§ WHAT TO DO
Go through the records below line by line, counting those that contain the word "then"; answer with the count only.

§ Stored data
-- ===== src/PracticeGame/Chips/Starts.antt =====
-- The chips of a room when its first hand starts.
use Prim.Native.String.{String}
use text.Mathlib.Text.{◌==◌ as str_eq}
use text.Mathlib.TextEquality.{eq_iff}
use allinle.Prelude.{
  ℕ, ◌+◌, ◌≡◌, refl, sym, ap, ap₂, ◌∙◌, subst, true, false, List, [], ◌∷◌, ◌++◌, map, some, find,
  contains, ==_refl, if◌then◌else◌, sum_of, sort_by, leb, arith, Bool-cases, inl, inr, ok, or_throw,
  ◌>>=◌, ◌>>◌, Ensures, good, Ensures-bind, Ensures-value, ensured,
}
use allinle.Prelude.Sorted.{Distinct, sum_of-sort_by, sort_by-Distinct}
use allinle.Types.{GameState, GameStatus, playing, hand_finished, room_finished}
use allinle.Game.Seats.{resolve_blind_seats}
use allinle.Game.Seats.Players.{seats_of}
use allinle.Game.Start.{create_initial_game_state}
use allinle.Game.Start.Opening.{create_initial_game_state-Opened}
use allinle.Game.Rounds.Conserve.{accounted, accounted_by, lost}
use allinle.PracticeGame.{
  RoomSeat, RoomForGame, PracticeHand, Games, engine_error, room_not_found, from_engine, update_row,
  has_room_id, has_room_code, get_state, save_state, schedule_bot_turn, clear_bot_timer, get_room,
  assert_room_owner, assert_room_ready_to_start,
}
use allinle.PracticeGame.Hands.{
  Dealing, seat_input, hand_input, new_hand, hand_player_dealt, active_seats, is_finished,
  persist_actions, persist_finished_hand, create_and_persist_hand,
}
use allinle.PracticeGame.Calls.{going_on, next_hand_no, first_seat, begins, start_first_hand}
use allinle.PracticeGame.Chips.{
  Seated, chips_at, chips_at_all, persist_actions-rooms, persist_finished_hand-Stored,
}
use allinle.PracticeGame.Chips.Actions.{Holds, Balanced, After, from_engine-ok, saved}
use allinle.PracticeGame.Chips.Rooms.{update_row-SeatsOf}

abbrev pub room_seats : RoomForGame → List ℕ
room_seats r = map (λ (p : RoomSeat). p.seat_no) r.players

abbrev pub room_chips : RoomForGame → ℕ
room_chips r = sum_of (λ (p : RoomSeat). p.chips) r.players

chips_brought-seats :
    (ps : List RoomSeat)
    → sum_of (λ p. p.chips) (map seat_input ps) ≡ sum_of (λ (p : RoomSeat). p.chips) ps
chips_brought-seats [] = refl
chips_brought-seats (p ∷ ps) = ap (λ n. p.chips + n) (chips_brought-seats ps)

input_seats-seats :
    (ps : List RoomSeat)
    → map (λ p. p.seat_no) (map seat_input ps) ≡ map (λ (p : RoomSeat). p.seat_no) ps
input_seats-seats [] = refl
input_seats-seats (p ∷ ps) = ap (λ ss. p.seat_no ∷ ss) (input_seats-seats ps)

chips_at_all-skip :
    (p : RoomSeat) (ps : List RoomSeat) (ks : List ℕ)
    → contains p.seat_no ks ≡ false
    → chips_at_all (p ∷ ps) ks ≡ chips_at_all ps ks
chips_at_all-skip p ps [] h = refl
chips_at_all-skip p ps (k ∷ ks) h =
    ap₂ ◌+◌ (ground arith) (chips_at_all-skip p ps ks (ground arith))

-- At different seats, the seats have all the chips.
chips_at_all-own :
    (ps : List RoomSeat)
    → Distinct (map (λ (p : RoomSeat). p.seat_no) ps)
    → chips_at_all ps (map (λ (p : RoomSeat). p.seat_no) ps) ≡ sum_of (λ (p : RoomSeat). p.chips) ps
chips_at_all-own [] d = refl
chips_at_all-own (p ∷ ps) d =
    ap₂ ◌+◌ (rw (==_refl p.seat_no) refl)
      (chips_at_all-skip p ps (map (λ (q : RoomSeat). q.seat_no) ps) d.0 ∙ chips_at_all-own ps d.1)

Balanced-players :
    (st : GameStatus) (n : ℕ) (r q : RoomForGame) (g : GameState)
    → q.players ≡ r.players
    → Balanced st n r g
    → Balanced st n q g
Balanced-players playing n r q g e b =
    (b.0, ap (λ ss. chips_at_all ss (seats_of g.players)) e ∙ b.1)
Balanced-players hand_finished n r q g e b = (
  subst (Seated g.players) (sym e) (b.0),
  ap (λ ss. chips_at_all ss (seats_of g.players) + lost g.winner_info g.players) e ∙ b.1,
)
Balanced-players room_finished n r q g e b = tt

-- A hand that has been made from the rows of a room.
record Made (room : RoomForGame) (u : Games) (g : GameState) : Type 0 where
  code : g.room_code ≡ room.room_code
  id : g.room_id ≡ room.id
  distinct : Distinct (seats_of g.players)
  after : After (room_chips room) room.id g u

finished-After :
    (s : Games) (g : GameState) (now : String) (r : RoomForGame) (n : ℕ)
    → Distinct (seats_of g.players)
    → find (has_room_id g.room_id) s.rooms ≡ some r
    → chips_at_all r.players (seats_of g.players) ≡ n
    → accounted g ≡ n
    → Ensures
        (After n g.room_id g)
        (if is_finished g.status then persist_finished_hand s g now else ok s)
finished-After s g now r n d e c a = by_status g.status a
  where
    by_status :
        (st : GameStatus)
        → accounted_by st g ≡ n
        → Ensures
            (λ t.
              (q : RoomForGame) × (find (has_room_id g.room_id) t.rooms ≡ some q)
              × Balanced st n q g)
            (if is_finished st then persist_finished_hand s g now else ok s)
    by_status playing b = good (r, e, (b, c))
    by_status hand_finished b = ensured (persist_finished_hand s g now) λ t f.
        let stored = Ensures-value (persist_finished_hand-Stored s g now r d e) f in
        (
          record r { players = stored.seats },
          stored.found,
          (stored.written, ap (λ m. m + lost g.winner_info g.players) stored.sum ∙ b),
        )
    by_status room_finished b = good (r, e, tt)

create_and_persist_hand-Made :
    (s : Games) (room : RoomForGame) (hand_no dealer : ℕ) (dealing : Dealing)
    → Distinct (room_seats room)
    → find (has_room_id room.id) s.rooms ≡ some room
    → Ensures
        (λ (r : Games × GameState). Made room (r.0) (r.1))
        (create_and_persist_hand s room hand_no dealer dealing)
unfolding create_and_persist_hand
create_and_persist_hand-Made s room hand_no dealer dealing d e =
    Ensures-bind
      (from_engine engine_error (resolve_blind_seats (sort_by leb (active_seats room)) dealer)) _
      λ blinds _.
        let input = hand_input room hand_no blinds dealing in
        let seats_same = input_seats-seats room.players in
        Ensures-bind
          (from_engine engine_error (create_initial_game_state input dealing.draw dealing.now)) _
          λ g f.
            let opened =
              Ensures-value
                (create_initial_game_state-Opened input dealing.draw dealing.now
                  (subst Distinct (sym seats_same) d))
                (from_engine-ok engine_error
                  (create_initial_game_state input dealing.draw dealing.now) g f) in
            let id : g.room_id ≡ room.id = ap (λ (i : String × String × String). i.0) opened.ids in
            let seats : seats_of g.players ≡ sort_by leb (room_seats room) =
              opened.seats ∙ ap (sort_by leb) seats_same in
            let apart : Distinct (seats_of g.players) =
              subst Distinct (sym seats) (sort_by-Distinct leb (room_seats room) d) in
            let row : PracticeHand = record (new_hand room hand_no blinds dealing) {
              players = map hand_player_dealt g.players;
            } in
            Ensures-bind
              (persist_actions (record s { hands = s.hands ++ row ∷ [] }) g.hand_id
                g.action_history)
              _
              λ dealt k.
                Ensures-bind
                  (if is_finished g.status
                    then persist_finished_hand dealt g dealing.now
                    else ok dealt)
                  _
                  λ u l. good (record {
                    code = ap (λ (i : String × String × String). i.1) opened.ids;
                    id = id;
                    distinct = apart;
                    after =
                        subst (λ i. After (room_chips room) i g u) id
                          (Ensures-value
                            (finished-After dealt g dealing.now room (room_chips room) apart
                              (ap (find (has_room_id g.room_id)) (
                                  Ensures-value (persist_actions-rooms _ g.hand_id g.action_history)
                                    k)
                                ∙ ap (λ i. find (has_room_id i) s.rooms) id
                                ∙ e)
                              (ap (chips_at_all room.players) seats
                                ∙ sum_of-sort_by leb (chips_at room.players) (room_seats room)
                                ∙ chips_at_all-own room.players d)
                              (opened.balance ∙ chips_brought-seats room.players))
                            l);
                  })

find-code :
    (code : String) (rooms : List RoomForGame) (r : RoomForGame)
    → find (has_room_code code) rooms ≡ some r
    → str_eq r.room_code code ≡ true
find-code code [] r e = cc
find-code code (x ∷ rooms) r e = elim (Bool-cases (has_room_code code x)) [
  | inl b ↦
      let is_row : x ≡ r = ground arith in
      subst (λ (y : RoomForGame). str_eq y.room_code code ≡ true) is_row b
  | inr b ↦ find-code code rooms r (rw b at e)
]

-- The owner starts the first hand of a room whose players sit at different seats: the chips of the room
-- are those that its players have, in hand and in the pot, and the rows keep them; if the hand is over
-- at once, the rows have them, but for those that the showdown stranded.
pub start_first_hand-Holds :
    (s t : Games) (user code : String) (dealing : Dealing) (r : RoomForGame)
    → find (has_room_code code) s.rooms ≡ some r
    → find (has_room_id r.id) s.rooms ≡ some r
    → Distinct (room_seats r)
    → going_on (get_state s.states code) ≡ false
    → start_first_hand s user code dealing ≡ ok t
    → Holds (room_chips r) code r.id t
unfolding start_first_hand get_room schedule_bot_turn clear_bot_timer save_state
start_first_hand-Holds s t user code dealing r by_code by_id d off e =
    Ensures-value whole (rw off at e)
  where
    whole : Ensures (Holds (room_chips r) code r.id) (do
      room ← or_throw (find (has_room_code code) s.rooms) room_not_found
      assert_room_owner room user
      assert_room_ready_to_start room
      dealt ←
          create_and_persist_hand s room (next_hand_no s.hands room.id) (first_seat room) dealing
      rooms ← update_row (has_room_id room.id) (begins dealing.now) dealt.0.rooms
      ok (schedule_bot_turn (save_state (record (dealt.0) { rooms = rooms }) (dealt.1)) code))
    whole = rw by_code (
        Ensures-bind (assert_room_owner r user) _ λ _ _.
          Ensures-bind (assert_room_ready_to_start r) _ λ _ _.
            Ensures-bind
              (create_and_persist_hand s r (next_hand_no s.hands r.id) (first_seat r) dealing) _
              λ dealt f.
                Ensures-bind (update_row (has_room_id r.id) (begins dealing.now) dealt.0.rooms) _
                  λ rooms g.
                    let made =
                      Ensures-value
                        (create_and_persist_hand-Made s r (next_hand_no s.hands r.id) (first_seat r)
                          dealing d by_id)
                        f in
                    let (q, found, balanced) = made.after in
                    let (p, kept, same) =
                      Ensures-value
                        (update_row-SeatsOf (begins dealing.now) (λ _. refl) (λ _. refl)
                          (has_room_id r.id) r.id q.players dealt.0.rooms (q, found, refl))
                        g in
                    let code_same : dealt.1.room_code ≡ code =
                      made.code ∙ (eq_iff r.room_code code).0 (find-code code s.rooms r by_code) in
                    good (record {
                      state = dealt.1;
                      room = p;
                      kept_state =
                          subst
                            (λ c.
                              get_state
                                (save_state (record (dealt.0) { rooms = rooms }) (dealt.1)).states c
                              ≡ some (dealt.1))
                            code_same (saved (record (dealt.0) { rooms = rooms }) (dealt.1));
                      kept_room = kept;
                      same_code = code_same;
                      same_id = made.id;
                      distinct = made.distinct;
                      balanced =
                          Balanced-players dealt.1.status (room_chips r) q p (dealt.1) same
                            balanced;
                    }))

§ REPLY
4